* _PROBLEM TO SOLVE_
The data below holds a line containing "d ∷ s ≢ codes" and a line containing "parse_stripped-payload d s h"; please quote exactly those two lines and every line between them, and nothing else.
[[ DATA TO EXAMINE open ]]
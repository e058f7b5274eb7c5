-- ===== src/Sse/Framing.antt =====
-- `create_sse_data` and `create_sse_done` of common/models.py, over the text that `json.dumps` makes.
-- Events that they frame come back whole from the parser.
use mathlib.Core.List.{append_assoc}
use llama_net.Prelude.{
  ℕ, ◌≡◌, ◌≢◌, refl, ap, ◌∙◌, false, some, List, [], ◌∷◌, ◌++◌, map, arith, ◌==◌, Bool-cases, inl,
  inr, All,
}
use llama_net.Prelude.Text.{is_space, codes}
use llama_net.Prelude.Codes.{
  drop_while, drop_end, strip_with, is_prefix, same_text, same_text_lem, drop,
}
use llama_net.Sse.Parser.{
  newline, chunk_of, new_parser, parse_stripped, parse_line, parse_lines, parse_chunks,
}
use llama_net.Sse.Chunks.{cut, cut-nil, cut-line, parse_chunk-cut, join, parse_chunks-join}

unfoldable pub create_sse_data : List ℕ → List ℕ
unfolding codes
create_sse_data json = codes "data: " ++ (json ++ newline ∷ newline ∷ [])

unfoldable pub create_sse_done : List ℕ
unfolding codes
create_sse_done = codes "data: [DONE]" ++ newline ∷ newline ∷ []

-- A text of `json.dumps`: one line that does not end in white space, and that is not empty. It is not
-- the mark that closes a stream, which is no JSON.
pub record IsPayload (json : List ℕ) : Type 0 where
  pub one_line : All (λ c. (c == newline) ≡ false) json
  pub trimmed : drop_end is_space json ≡ json
  pub ne_nil : json ≢ []
  pub ne_done : json ≢ codes "[DONE]"

data_line :
    (json : List ℕ)
    → All (λ c. (c == newline) ≡ false) json
    → All (λ c. (c == newline) ≡ false) (codes "data: " ++ json)
unfolding codes
data_line json h = (refl, (refl, (refl, (refl, (refl, (refl, h))))))

-- The line of a frame, and the empty line behind it.
cut-frame :
    (json s : List ℕ)
    → All (λ c. (c == newline) ≡ false) json
    → cut (create_sse_data json ++ s) ≡ ((codes "data: " ++ json) ∷ [] ∷ (cut s).0, (cut s).1)
unfolding create_sse_data codes
cut-frame json s h = rw (append_assoc json (newline ∷ newline ∷ []) s) (
    rw (← append_assoc (codes "data: ") json (newline ∷ newline ∷ s)) (
      cut-line (codes "data: " ++ json) (newline ∷ s) (data_line json h)
      ∙ ap (λ q. ((codes "data: " ++ json) ∷ q.0, q.1)) (cut-line [] s tt)))

drop_end-cons :
    (c d : ℕ) (s : List ℕ)
    → drop_end is_space (d ∷ s) ≡ d ∷ s
    → drop_end is_space (c ∷ d ∷ s) ≡ c ∷ d ∷ s
unfolding drop_end
drop_end-cons c d s h = ground (arith, h)

parse_stripped-payload :
    (d : ℕ) (s : List ℕ)
    → d ∷ s ≢ codes "[DONE]"
    → parse_stripped (codes "data: " ++ d ∷ s) ≡ some (chunk_of (d ∷ s))
unfolding parse_stripped is_prefix drop codes
parse_stripped-payload d s h = elim (Bool-cases (same_text (d ∷ s) (codes "[DONE]"))) [
  | inl e ↦ absurd (h (same_text_lem (d ∷ s) (codes "[DONE]") e))
  | inr e ↦ rw e refl
]

strip-frame :
    (d : ℕ) (s : List ℕ)
    → drop_end is_space (d ∷ s) ≡ d ∷ s
    → strip_with is_space (codes "data: " ++ d ∷ s) ≡ codes "data: " ++ d ∷ s
unfolding strip_with drop_while is_space codes
strip-frame d s h = drop_end-cons 100 97 (116 ∷ 97 ∷ 58 ∷ 32 ∷ d ∷ s) (
    drop_end-cons 97 116 (97 ∷ 58 ∷ 32 ∷ d ∷ s) (
      drop_end-cons 116 97 (58 ∷ 32 ∷ d ∷ s)
        (drop_end-cons 97 58 (32 ∷ d ∷ s) (drop_end-cons 58 32 (d ∷ s) (drop_end-cons 32 d s h)))))

parse_line-payload :
    (json : List ℕ) → IsPayload json → parse_line (codes "data: " ++ json) ≡ some (chunk_of json)
unfolding parse_line
parse_line-payload [] p = absurd (p.ne_nil refl)
parse_line-payload (d ∷ s) p = rw (strip-frame d s p.trimmed) (parse_stripped-payload d s p.ne_done)

-- The frames of the texts, one behind the other.
abbrev pub frames : List (List ℕ) → List ℕ
frames [] = []
frames (j ∷ js) = create_sse_data j ++ frames js

parse_lines-frames :
    (js : List (List ℕ))
    → All IsPayload js
    → parse_lines (cut (frames js ++ create_sse_done)).0 ≡ map chunk_of js
unfolding parse_lines create_sse_done codes
parse_lines-frames [] h =
    rw (cut-line (codes "data: [DONE]") (newline ∷ []) (data_line (codes "[DONE]") (ground arith)))
      (rw (cut-line [] [] tt, cut-nil) refl)
parse_lines-frames (j ∷ js) h = rw (append_assoc (create_sse_data j) (frames js) create_sse_done) (
    rw (cut-frame j (frames js ++ create_sse_done) h.0.one_line)
      (rw (parse_line-payload j h.0, parse_lines-frames js h.1) refl))

-- If a stream of the frames of JSON texts, closed by the frame that ends it, arrives in any chunks, the
-- parser gives an event for each text, with the text whole and in the order sent, and no other event.
pub parse_chunks-frames :
    (js cs : List (List ℕ))
    → All IsPayload js
    → join cs ≡ frames js ++ create_sse_done
    → (parse_chunks new_parser cs).1 ≡ map chunk_of js
parse_chunks-frames js cs h e =
    rw (parse_chunks-join cs, e, parse_chunk-cut [] (frames js ++ create_sse_done))
      (parse_lines-frames js h)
[[ DATA TO EXAMINE closed ]]
* _THE ANSWER_
    → d ∷ s ≢ codes "[DONE]"
    → parse_stripped (codes "data: " ++ d ∷ s) ≡ some (chunk_of (d ∷ s))
unfolding parse_stripped is_prefix drop codes
parse_stripped-payload d s h = elim (Bool-cases (same_text (d ∷ s) (codes "[DONE]"))) [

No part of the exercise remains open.